7. Add ~50 ml of sterile, ice-cold 1 M sorbitol to each of the bottles and vortex to resuspend the cell pellets; bring the volume in each of the centrifuge bottles to 250 ml with
sterile, ice-cold 1 M sorbitol. Pellet the cells by centrifugation at 3000 g for 5 min at 4°C;
pour off and discard the supernatant.
8. Resuspend each cell pellet in 10 ml of sterile, ice-cold 1 M sorbitol and pool in a chilled
50 ml Corning tube. Pellet the cells by centrifugation at 3000 g for 5 min at 4°C; pour
off and discard the supernatant.
9. Resuspend the cell pellet in 0.5 ml of sterile, ice-cold 1 M sorbitol; the final cell volume
should be ~1.3 ml and the cell concentration should be ~1 x 109 cells/ml. Keep the cells
on ice and use as soon as possible for electroporation.
B. Electroporation
1. Pipette the DNA samples (up to 10 µg) to be electroporated into sterile 1.5 ml microfuge
tubes. Place tubes on ice.
2. Add 40 µl of the competent cells to each DNA sample and mix gently.

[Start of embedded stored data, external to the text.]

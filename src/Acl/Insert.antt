-- ===== src/Acl/Insert.antt =====
-- acl/radix_tree.go: insert and Add on heaps whose pointers all point to nodes.
use vermouth.Prelude.{
  ℕ, zero, suc, refl, sym, ap, inl, inr, Bool, true, Option, none, some, [], arith, Bool-cases,
  Option-cases, Str, length, Go, ret, ◌/◌, ◌^◌, ◌≤◌, ◌<◌, ◌≡◌, ◌∙◌, ◌>>=◌, nat_eq, str_eq,
}
use vermouth.Acl.{
  RadixTree, RadixNode, Ptr, AclError, invalid_ip_address, bad_number, invalid_net_mask, update,
  descend, extend, finish, insert, add, add_ip, add_mask, add_masked, bit_set, child, with_child,
  set_value, max_ipv4_bit, net_mask, cidr_of,
}
use vermouth.Acl.Valid.{PtrIn, NodeIn, IsValid, load-ret, update-ret, new_node-ret}
use vermouth.Golib.Strings.{split, first}
use vermouth.Golib.Strconv.{atoi}
use vermouth.Net.Laws.{inet_toi-ret}
use vermouth.Prelude.Map
use vermouth.Prelude.Map.{Map}
use vermouth.Acl.Bits.{no_bit, halved}
use mathlib.Core.Path.{subst}

child-PtrIn : (m key bit : ℕ) (n : RadixNode) → NodeIn m n → PtrIn m (child key bit n)
child-PtrIn m key bit n h = elim (Bool-cases (bit_set key bit)) [
  | inl right ↦ rw right h.right
  | inr left ↦ rw left h.left
]

with_child-NodeIn :
    (m key bit : ℕ) (p : Ptr) (n : RadixNode)
    → PtrIn m p
    → NodeIn m n
    → NodeIn m (with_child key bit p n)
with_child-NodeIn m key bit p n i h = elim (Bool-cases (bit_set key bit)) [
  | inl right ↦ rw right (record { right = i; left = h.left; parent = h.parent })
  | inr left ↦ rw left (record { right = h.right; left = i; parent = h.parent })
]

-- Where the first loop of insert stops: at a node, at a bit that is not above the first.
abbrev Stops : RadixTree → ℕ → Go (Ptr × Ptr × ℕ) → Type 0
Stops t bit m =
    (p : ℕ) × (next : Ptr) × (b : ℕ) × (m ≡ ret (some p, next, b))
    × (p < length t.nodes)
    × (b ≤ bit)

descend-Stops :
    (k : ℕ) (t : RadixTree) (key mask bit p : ℕ) (next : Ptr)
    → IsValid t
    → bit < 2 ^ k
    → p < length t.nodes
    → Stops t bit (descend (suc k) t key mask bit (some p) next)
unfolding descend
descend-Stops zero t key mask bit p next v h i =
    rw (no_bit bit mask h, descend) (p, next, bit, refl, i, omega arith)
descend-Stops (suc k) t key mask bit p next v h i = elim (Bool-cases (bit_set bit mask)) [
  | inr past ↦ rw (past, descend) (p, next, bit, refl, i, omega arith)
  | inl within ↦
      (let (n, e, inside) = load-ret t p v i in
        rw (within, descend, e)
          (below (λ q j. descend-Stops k t key mask (bit / 2) q (some q) v (halved k bit h) j)
            (child key bit n) (child-PtrIn (length t.nodes) key bit n inside)))
]
  where
    below :
        ((q : ℕ)
          → q < length t.nodes
          → Stops t (bit / 2) (descend (suc k) t key mask (bit / 2) (some q) (some q)))
        → (c : Ptr) → PtrIn (length t.nodes) c
        → Stops t bit (elim c [
          | none ↦ ret (some p, none, bit)
          | some q ↦ descend (suc k) t key mask (bit / 2) (some q) (some q)
        ])
    below deeper none j = (p, none, bit, refl, i, omega arith)
    below deeper (some q) j =
        let (r, x, b, e, inside, le) = deeper q j in (r, x, b, e, inside, omega arith)

-- The second loop returns a node of a valid heap.
extend-ret :
    (k : ℕ) (t : RadixTree) (key mask bit p : ℕ)
    → IsValid t
    → bit < 2 ^ k
    → p < length t.nodes
    → (q : ℕ) × (t' : RadixTree) × (extend (suc k) t key mask bit (some p) ≡ ret (some q, t'))
      × IsValid t'
      × (q < length t'.nodes)
unfolding extend
extend-ret zero t key mask bit p v h i = rw (no_bit bit mask h, extend) (p, t, refl, v, i)
extend-ret (suc k) t key mask bit p v h i = elim (Bool-cases (bit_set bit mask)) [
  | inr past ↦ rw (past, extend) (p, t, refl, v, i)
  | inl within ↦
      (let (q, t1, made, v1, j, le) = new_node-ret t v in
        let (t2, e2, v2, l2) =
          update-ret t1 q (λ n. record n { parent = some p; value = [] }) v1 j
            (λ n g. record { right = g.right; left = g.left; parent = omega arith }) in
        let (t3, e3, v3, l3) =
          update-ret t2 p (with_child key bit (some q)) v2 (omega arith)
            (λ n g. with_child-NodeIn (length t2.nodes) key bit (some q) n (omega arith) g) in
        let rest = extend-ret k t3 key mask (bit / 2) q v3 (halved k bit h) (omega arith) in
        rw (within, extend, made, e2, e3) rest)
]

finish-IsValid :
    (t : RadixTree) (key mask : ℕ) (value : Str) (p : ℕ) (next : Ptr) (b : ℕ)
    → IsValid t
    → p < length t.nodes
    → b < 2 ^ 32
    → (t' : RadixTree) × (finish t key mask value (some p, next, b) ≡ ret t') × IsValid t'
unfolding finish
finish-IsValid t key mask value p (some q) b v j h =
    let (t', e, w, _) =
      update-ret t p (set_value value) v j
        (λ n g. record { right = g.right; left = g.left; parent = g.parent }) in
    (t', e, w)
finish-IsValid t key mask value p none b v j h =
    let (q, t1, e1, w1, i1) = extend-ret 32 t key mask b p v h j in
    let (t', e, w, _) =
      update-ret t1 q (set_value value) w1 i1
        (λ n g. record { right = g.right; left = g.left; parent = g.parent }) in
    (t', ap (λ m. m >>= λ made. update made.1 made.0 (set_value value)) e1 ∙ e, w)

-- On a valid heap insert returns, and the heap that it returns is valid: no nil pointer is followed,
-- and neither loop goes on for ever.
pub insert-IsValid :
    (t : RadixTree) (key mask : ℕ) (value : Str)
    → IsValid t
    → (t' : RadixTree) × (insert t key mask value ≡ ret t') × IsValid t'
unfolding insert
insert-IsValid t key mask value v =
    let (r, is, i) = v.root in
    let (p, next, b, e, j, le) =
      descend-Stops 32 t key mask max_ipv4_bit r (some r) v (ground arith) i in
    let e' : descend 33 t key mask max_ipv4_bit t.root t.root ≡ ret (some p, next, b) =
      subst (λ q. descend 33 t key mask max_ipv4_bit q q ≡ ret (some p, next, b)) (sym is) e in
    let (t', ran, w) = finish-IsValid t key mask value p next b v j (omega arith) in
    (t', ap (λ m. m >>= finish t key mask value) e' ∙ ran, w)

entries-IsValid :
    (t : RadixTree) (m : Map Str Bool) → IsValid t → IsValid (record t { entries = m })
entries-IsValid t m v = record { nodes = v.nodes; root = v.root; free = v.free }

-- What an operation that changes the tree returns on a valid heap.
abbrev pub Returns : Go (Option AclError × RadixTree) → Type 0
Returns m = (e : Option AclError) × (t' : RadixTree) × (m ≡ ret (e, t')) × IsValid t'

add_masked-Returns :
    (t : RadixTree) (key : ℕ) (ip_net value : Str) (c : Option ℕ)
    → IsValid t
    → Returns (add_masked t key ip_net value c)
unfolding add_masked
add_masked-Returns t key ip_net value none v = (some invalid_net_mask, t, refl, v)
add_masked-Returns t key ip_net value (some cidr) v =
    let (t', ran, w) = insert-IsValid t key (net_mask cidr) value v in
    (
      none,
      record t' { entries = Map.put t'.entries ip_net true },
      ap (λ m. m >>= λ x. ret (none, record x { entries = Map.put x.entries ip_net true })) ran,
      entries-IsValid t' _ w,
    )

add_mask-Returns :
    (t : RadixTree) (key : ℕ) (ip_net value : Str) (mask : Option Str)
    → IsValid t
    → Returns (add_mask t key ip_net value mask)
unfolding add_mask
add_mask-Returns t key ip_net value none v = (some invalid_ip_address, t, refl, v)
add_mask-Returns t key ip_net value (some mask) v = elim (Option-cases (atoi mask)) [
  | inl no_number ↦ rw (no_number, add_mask) (some bad_number, t, refl, v)
  | inr (z, number) ↦
      (let (e, t', ran, w) = add_masked-Returns t key ip_net value (cidr_of z) v in
        rw (number, add_mask) (e, t', ran, w))
]

add_ip-Returns :
    (t : RadixTree) (ip_net value : Str) (ip : Option ℕ)
    → IsValid t
    → Returns (add_ip t ip_net value ip)
unfolding add_ip
add_ip-Returns t ip_net value none v = (some invalid_ip_address, t, refl, v)
add_ip-Returns t ip_net value (some key) v = add_mask-Returns t key ip_net value _ v

-- Add of a network whose address has at most four parts returns on a valid heap, with an error or
-- without, and the heap that it returns is valid.
pub add-Returns :
    (t : RadixTree) (ip_net value : Str)
    → IsValid t
    → length (split b'.' (first (split b'/' ip_net))) ≤ 4
    → Returns (add t ip_net value)
unfolding add
add-Returns t ip_net value v short =
    let (ip, e0) = inet_toi-ret (first (split b'/' ip_net)) short in
    let (e, t', ran, w) = add_ip-Returns t ip_net value ip v in
    (e, t', ap (λ m. m >>= add_ip t ip_net value) e0 ∙ ran, w)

3. Set the MicroPulser to "Pic".
4. Transfer the DNA–cell samples to 0.2 cm electroporation cuvettes that have been chilled
in ice and tap the suspension to the bottom of the tube. Place the cuvette in the chamber and pulse once. The time constant should be close to 5 milliseconds.
5. Remove the cuvette from the chamber and immediately add 1.0 ml of ice cold YPDS or
YPD medium. Gently transfer the diluted cells to a sterile tube.
6. Incubate the cells at 30°C for 1–2 h without shaking; plate aliquots of the electroporated
cells on a 1/2 YPDS–tributyrin plate. Incubate the plate for 2-3 days at 30 °C. If colony
has lipase activity, halo will be formed around it.
Expression of lipase
1. Transform P. pastoris with pBGPCalB, which is pBGP1 vector carrying CAL-B gene.
2. The colonies forming halo were inoculated into 200 μL of YPD medium containing 100
μg/mL zeocin in a 96 deep well plate. The deep well plate should be square and flat-bottom because growing speed of cells is faster.
3. Add 5 mm sterilized glass beads into each well.
4. The plate was incubated at 30°C for 2 days at 800 rpm.
5. Add 400 μL of YPD medium containing 100 μg/mL zeocin.
6. Incubate at 20°C for 7 days at 800 rpm to express of CAL-B.
Purification of lipase
Wash buffer: 50 mM HEPES pH 7.0, 20 mM imidazole, 300 mM NaCl, 0.05% Triton X-100
Elution buffer: 50 mM HEPES pH 7.0, 250 mM imidazole, 300 mM NaCl, 0.05% Triton X-100
1. Centrifuge 500 µL of culture medium with expressed lipase at 4000 g for 5 min and decant supernatant.
2. Add 5 µl of 1 M imidazole.
3. Suspend the Ni-NTA Magnetic agarose beads (QIAGEN) by vortexing for 2 s and then
immediately add 50 µL of the suspension of the culture medium.
4. Mix the suspension gently on a shaker for 30 min to 1 h at room temperature. Centrifuge tubes shortly and place the tube on a magnetic separator (QIAGEN) for 1 min and
remove supernatant with a pipet.
5. Remove tube from the magnet, add 500 µl of Wash Buffer, mix the suspension, place
the tube on a magnetic separator for 1 min, and remove Wash Buffer.
6. Repeat step 5 another 1–2 times.
7. If you use the Ni-NTA beads adsorbing lipase for assay directly, wash them with 200 µl
of buffer or water 1–2 times, as well as step 5. If you recover lipase from the beads, add
100 µl of elution buffer, mix the suspension, incubate the tube for 1 min, place for 1 min
on magnetic separator, and collect the eluate.